### Material supplied

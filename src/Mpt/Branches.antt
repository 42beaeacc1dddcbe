-- ===== src/Mpt/Branches.antt =====
-- pkg/core/mpt/trie.go: what newSubTrie and a new branch hold.
use epicchain_go.Common.{
  ℕ, ◌<◌, ◌≤◌, false, List, [], ◌∷◌, ◌==◌, ◌≡◌, ◌≢◌, refl, inl, inr, some, arith, Bool-cases,
  ==_iff, ==-refl,
}
use epicchain_go.Mpt.Node.{
  Node, leaf, branch, extension, hash, lost, empty, last_child, put_child, no_children, is_empty,
  split_path,
}
use epicchain_go.Mpt.Put.{wrap_sub_trie}
use epicchain_go.Mpt.View.{under, value_at, update, IsPath, IsStored, IsHead, IsEnd, HasTwo, IsTrie}

pub ==-other : (a b : ℕ) → a ≢ b → (a == b) ≡ false
==-other a b e = ground arith

-- The node that newSubTrie answers.
abbrev pub sub_trie : List ℕ → Node → Node
sub_trie path n = (wrap_sub_trie path n).1

pub value_at-sub_trie :
    (path : List ℕ) (n : Node) (q : List ℕ)
    → value_at (sub_trie path n) q ≡ under path (value_at n) q
unfolding value_at under
value_at-sub_trie [] n q = refl
value_at-sub_trie (x ∷ path) n q = refl

pub under-leaf :
    (path v q : List ℕ) → under path (value_at (leaf v)) q ≡ update path (some v) (value_at empty) q
unfolding value_at under update
under-leaf [] v [] = refl
under-leaf [] v (y ∷ q) = refl
under-leaf (x ∷ path) v [] = refl
under-leaf (x ∷ path) v (y ∷ q) = elim (Bool-cases (x == y)) [
  | inl same ↦ rw (same, under-leaf path v q) refl
  | inr differ ↦ rw differ refl
]

pub sub_trie-filled :
    (path : List ℕ) (n : Node) → is_empty n ≡ false → is_empty (sub_trie path n) ≡ false
sub_trie-filled [] n e = e
sub_trie-filled (x ∷ path) n e = refl

pub IsHead-filled : (n : Node) → IsHead n → is_empty n ≡ false
IsHead-filled (leaf v) h = refl
IsHead-filled (branch cs) h = refl
IsHead-filled (extension k n) h = refl
IsHead-filled (hash k n) h = refl
IsHead-filled (lost k) h = refl
IsHead-filled empty h = elim h [ ]

pub IsStored-filled : (n : Node) → IsStored n → is_empty n ≡ false
IsStored-filled (leaf v) h = refl
IsStored-filled (branch cs) h = refl
IsStored-filled (extension k n) h = refl
IsStored-filled (hash k n) h = refl
IsStored-filled (lost k) h = refl
IsStored-filled empty h = elim h [ ]

-- The value at a path of a branch is that of the child splitPath tells at the rest.
pub value_at-branch :
    (cs : ℕ → Node) (q : List ℕ)
    → value_at (branch cs) q ≡ value_at (cs (split_path q).0) (split_path q).1
unfolding value_at
value_at-branch cs [] = refl
value_at-branch cs (y ∷ q) = refl

pub split_path-le : (q : List ℕ) → IsPath q → (split_path q).0 ≤ last_child
split_path-le [] p = omega arith
split_path-le (y ∷ q) p = omega (arith, p.0)

pub split_path-IsPath : (q : List ℕ) → IsPath q → IsPath (split_path q).1
split_path-IsPath [] p = tt
split_path-IsPath (y ∷ q) p = p.1

module _ (sha : List ℕ → List ℕ) where
  pub sub_trie-IsTrie :
      (path : List ℕ) (n : Node)
      → IsPath path
      → IsHead n
      → IsTrie sha n
      → IsTrie sha (sub_trie path n)
  sub_trie-IsTrie [] n p h t = t
  sub_trie-IsTrie (x ∷ path) n p h t = ((p, λ e. cc), (h, t))

  -- What a child at an index has to be.
  pub record IsChild (i : ℕ) (n : Node) : Type 0 where
    pub le : i ≤ last_child
    pub trie : IsTrie sha n
    pub end : i ≡ last_child → IsEnd n

  -- What the children of a branch are, but for their number.
  pub record AreChildren (cs : ℕ → Node) : Type 0 where
    pub end : IsEnd (cs last_child)
    pub beyond : (i : ℕ) → last_child < i → cs i ≡ empty
    pub tries : (i : ℕ) → IsTrie sha (cs i)

  pub put_child-AreChildren :
      (i : ℕ) (r : Node) (cs : ℕ → Node)
      → IsChild i r
      → AreChildren cs
      → AreChildren (put_child i r cs)
  put_child-AreChildren i r cs c all = record {
    end = elim (Bool-cases (i == last_child)) [
      | inl same ↦ rw same (c.end ((==_iff i last_child).0 same))
      | inr differ ↦ rw differ all.end
    ];
    beyond = λ j lt. rw (==-other i j (λ e. ground (arith, c.le))) (all.beyond j lt);
    tries = λ j. elim (Bool-cases (i == j)) [
      | inl same ↦ rw same c.trie
      | inr differ ↦ rw differ (all.tries j)
    ];
  }

  pub branch-AreChildren : (cs : ℕ → Node) → IsTrie sha (branch cs) → AreChildren cs
  branch-AreChildren cs t = record { end = t.0.end; beyond = t.0.beyond; tries = t.1 }

  -- With two that are not empty they make a trie.
  pub branch-IsTrie : (cs : ℕ → Node) → AreChildren cs → HasTwo cs → IsTrie sha (branch cs)
  branch-IsTrie cs all two = (record { two = two; end = all.end; beyond = all.beyond }, all.tries)

  pub no_children-AreChildren : AreChildren no_children
  no_children-AreChildren = record { end = tt; beyond = λ i lt. refl; tries = λ i. tt }

  -- A branch with two children.
  pub put_two-IsTrie :
      (i j : ℕ) (a b : Node)
      → i ≢ j
      → IsChild i a
      → IsChild j b
      → is_empty a ≡ false
      → is_empty b ≡ false
      → IsTrie sha (branch (put_child i a (put_child j b no_children)))
  put_two-IsTrie i j a b apart ca cb fa fb =
      branch-IsTrie (put_child i a (put_child j b no_children))
        (put_child-AreChildren i a (put_child j b no_children) ca
          (put_child-AreChildren j b no_children cb no_children-AreChildren))
        (record {
          first = i;
          second = j;
          apart = apart;
          filled1 = rw (==-refl i) fa;
          filled2 = rw (==-other i j apart, ==-refl j) fb;
        })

### What is required
Restate the data in full so that no line differs from the original.

### Response box
filename src/Mpt/Branches.antt
repository 42beaeacc1dddcbe
-- ===== src/Mpt/Branches.antt =====
-- pkg/core/mpt/trie.go: what newSubTrie and a new branch hold.
use epicchain_go.Common.{
  ℕ, ◌<◌, ◌≤◌, false, List, [], ◌∷◌, ◌==◌, ◌≡◌, ◌≢◌, refl, inl, inr, some, arith, Bool-cases,
  ==_iff, ==-refl,
}
use epicchain_go.Mpt.Node.{
  Node, leaf, branch, extension, hash, lost, empty, last_child, put_child, no_children, is_empty,
  split_path,
}
use epicchain_go.Mpt.Put.{wrap_sub_trie}
use epicchain_go.Mpt.View.{under, value_at, update, IsPath, IsStored, IsHead, IsEnd, HasTwo, IsTrie}

pub ==-other : (a b : ℕ) → a ≢ b → (a == b) ≡ false
==-other a b e = ground arith

-- The node that newSubTrie answers.
abbrev pub sub_trie : List ℕ → Node → Node
sub_trie path n = (wrap_sub_trie path n).1

pub value_at-sub_trie :
    (path : List ℕ) (n : Node) (q : List ℕ)
    → value_at (sub_trie path n) q ≡ under path (value_at n) q
unfolding value_at under
value_at-sub_trie [] n q = refl
value_at-sub_trie (x ∷ path) n q = refl

pub under-leaf :
    (path v q : List ℕ) → under path (value_at (leaf v)) q ≡ update path (some v) (value_at empty) q
unfolding value_at under update
under-leaf [] v [] = refl
under-leaf [] v (y ∷ q) = refl
under-leaf (x ∷ path) v [] = refl
under-leaf (x ∷ path) v (y ∷ q) = elim (Bool-cases (x == y)) [
  | inl same ↦ rw (same, under-leaf path v q) refl
  | inr differ ↦ rw differ refl
]

pub sub_trie-filled :
    (path : List ℕ) (n : Node) → is_empty n ≡ false → is_empty (sub_trie path n) ≡ false
sub_trie-filled [] n e = e
sub_trie-filled (x ∷ path) n e = refl

pub IsHead-filled : (n : Node) → IsHead n → is_empty n ≡ false
IsHead-filled (leaf v) h = refl
IsHead-filled (branch cs) h = refl
IsHead-filled (extension k n) h = refl
IsHead-filled (hash k n) h = refl
IsHead-filled (lost k) h = refl
IsHead-filled empty h = elim h [ ]

pub IsStored-filled : (n : Node) → IsStored n → is_empty n ≡ false
IsStored-filled (leaf v) h = refl
IsStored-filled (branch cs) h = refl
IsStored-filled (extension k n) h = refl
IsStored-filled (hash k n) h = refl
IsStored-filled (lost k) h = refl
IsStored-filled empty h = elim h [ ]

-- The value at a path of a branch is that of the child splitPath tells at the rest.
pub value_at-branch :
    (cs : ℕ → Node) (q : List ℕ)
    → value_at (branch cs) q ≡ value_at (cs (split_path q).0) (split_path q).1
unfolding value_at
value_at-branch cs [] = refl
value_at-branch cs (y ∷ q) = refl

pub split_path-le : (q : List ℕ) → IsPath q → (split_path q).0 ≤ last_child
split_path-le [] p = omega arith
split_path-le (y ∷ q) p = omega (arith, p.0)

pub split_path-IsPath : (q : List ℕ) → IsPath q → IsPath (split_path q).1
split_path-IsPath [] p = tt
split_path-IsPath (y ∷ q) p = p.1

module _ (sha : List ℕ → List ℕ) where
  pub sub_trie-IsTrie :
      (path : List ℕ) (n : Node)
      → IsPath path
      → IsHead n
      → IsTrie sha n
      → IsTrie sha (sub_trie path n)
  sub_trie-IsTrie [] n p h t = t
  sub_trie-IsTrie (x ∷ path) n p h t = ((p, λ e. cc), (h, t))

  -- What a child at an index has to be.
  pub record IsChild (i : ℕ) (n : Node) : Type 0 where
    pub le : i ≤ last_child
    pub trie : IsTrie sha n
    pub end : i ≡ last_child → IsEnd n

  -- What the children of a branch are, but for their number.
  pub record AreChildren (cs : ℕ → Node) : Type 0 where
    pub end : IsEnd (cs last_child)
    pub beyond : (i : ℕ) → last_child < i → cs i ≡ empty
    pub tries : (i : ℕ) → IsTrie sha (cs i)

  pub put_child-AreChildren :
      (i : ℕ) (r : Node) (cs : ℕ → Node)
      → IsChild i r
      → AreChildren cs
      → AreChildren (put_child i r cs)
  put_child-AreChildren i r cs c all = record {
    end = elim (Bool-cases (i == last_child)) [
      | inl same ↦ rw same (c.end ((==_iff i last_child).0 same))
      | inr differ ↦ rw differ all.end
    ];
    beyond = λ j lt. rw (==-other i j (λ e. ground (arith, c.le))) (all.beyond j lt);
    tries = λ j. elim (Bool-cases (i == j)) [
      | inl same ↦ rw same c.trie
      | inr differ ↦ rw differ (all.tries j)
    ];
  }

  pub branch-AreChildren : (cs : ℕ → Node) → IsTrie sha (branch cs) → AreChildren cs
  branch-AreChildren cs t = record { end = t.0.end; beyond = t.0.beyond; tries = t.1 }

  -- With two that are not empty they make a trie.
  pub branch-IsTrie : (cs : ℕ → Node) → AreChildren cs → HasTwo cs → IsTrie sha (branch cs)
  branch-IsTrie cs all two = (record { two = two; end = all.end; beyond = all.beyond }, all.tries)

  pub no_children-AreChildren : AreChildren no_children
  no_children-AreChildren = record { end = tt; beyond = λ i lt. refl; tries = λ i. tt }

  -- A branch with two children.
  pub put_two-IsTrie :
      (i j : ℕ) (a b : Node)
      → i ≢ j
      → IsChild i a
      → IsChild j b
      → is_empty a ≡ false
      → is_empty b ≡ false
      → IsTrie sha (branch (put_child i a (put_child j b no_children)))
  put_two-IsTrie i j a b apart ca cb fa fb =
      branch-IsTrie (put_child i a (put_child j b no_children))
        (put_child-AreChildren i a (put_child j b no_children) ca
          (put_child-AreChildren j b no_children cb no_children-AreChildren))
        (record {
          first = i;
          second = j;
          apart = apart;
          filled1 = rw (==-refl i) fa;
          filled2 = rw (==-other i j apart, ==-refl j) fb;
        })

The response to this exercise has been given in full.